Featuring the formidable power vocals of Girish Pradhan, GatC are back with their third album and ready, probably, to rock your world…

Actually, there’s no probably about it. Over the course of this dozen-track long journey the band WILL rock your world time and again with anthemic thunder rockers like I’m Not The Devil, wherein our hero, who possess a voice approximately 4.7 times more powerful than any other currently doing the rounds, will remove your eyebrows and any other extraneous protruberences flapping around your person through sheer LUNG POWER…

Seriously, the man’s voice is a force of nature, but, as we never tire of saying here at Sentinel Daily, none of that actually matters if the songs the voice is given to sing are rubbish. Luckily, that isn’t the case on this rip-roaring stonker of an album.

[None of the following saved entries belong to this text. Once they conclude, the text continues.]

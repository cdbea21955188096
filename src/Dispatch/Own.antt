-- ===== src/Dispatch/Own.antt =====
-- What a client's packets may change of the players.
use lh_server.Prelude.{Bool, true, false}
use lh_server.World.{World}
use lh_server.Dispatch.Requests.{Request, cs_login}

abbrev pub is_login : Request → Bool
is_login (cs_login name pass character) = true
is_login _ = false
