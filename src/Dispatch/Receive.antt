-- ===== src/Dispatch/Receive.antt =====
-- A completed read of a client, from its bytes to the players.
use lh_server.Prelude.{ℕ, ◌≡◌, ◌≢◌, true, false, Option, none, some, List, [], ◌∷◌}
use lh_server.Net.Contract.{Keeps}
use lh_server.Session.{Server}
use lh_server.Dispatch.Requests.{decode}
use lh_server.Dispatch.Own.{is_login}

-- No packet of the list is a login.
abbrev pub NoLogin : List (List ℕ) → Type 0
NoLogin [] = Unit {0}
NoLogin (buf ∷ bufs) = (is_login (decode buf) ≡ false) × NoLogin bufs

-- What is left of the stream is kept for the next read; a stream that is no sequence of frames, for
-- which `feed` gives `none`, ends the server.
abbrev pub Received : ℕ → Option (List ℕ) → Server → Type 0
Received uid none t = t.world.crashed ≡ true
Received uid (some v) t = Keeps v (t.clients uid)

-- No other player has changed, and no other client's buffer.
abbrev pub Alone : ℕ → Server → Server → Type 0
Alone uid s t =
    (j : ℕ) → j ≢ uid → (t.world.players j ≡ s.world.players j) × (t.clients j ≡ s.clients j)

Take Love’s Damnation as an example; built on a rumbling but simple bass line from Yogesh Pradhan, the track builds in to a devastatingly explosive mix of Skid Row, Tesla and Def Leppard that takes absolutely no prisoners as it destroys your speakers; Or the more melodic but no-less trouser tightening Clearing The Blur, which features some classic late eighties gang-vocals to further ramp up the, um, hysteria, as well as a teeth-rattlingly good solo from Siraj Tikhatri

And these aren’t even the best songs on offer; Hail To The Heroes is one of those albums that is blessed with a hatful of standouts, it’s true, and you’ll find that your fave jam changes from day to day such is the choice on offer, but there’s a fair chance that the exuberant Lover’s Train, where everything falls together in serendipitous fashion, will top your own personal charts more often than not, just as it does mine; One of the hallmarks of this album is just how well put together, how well observed everything is, and this track is the first among equals when it comes to recreating the breathless glory days of hair metal’s glory years. Not just a keeper, it’s a track that’s going to keep finding it’s way onto your stereo over the rest of 2022, mark my words.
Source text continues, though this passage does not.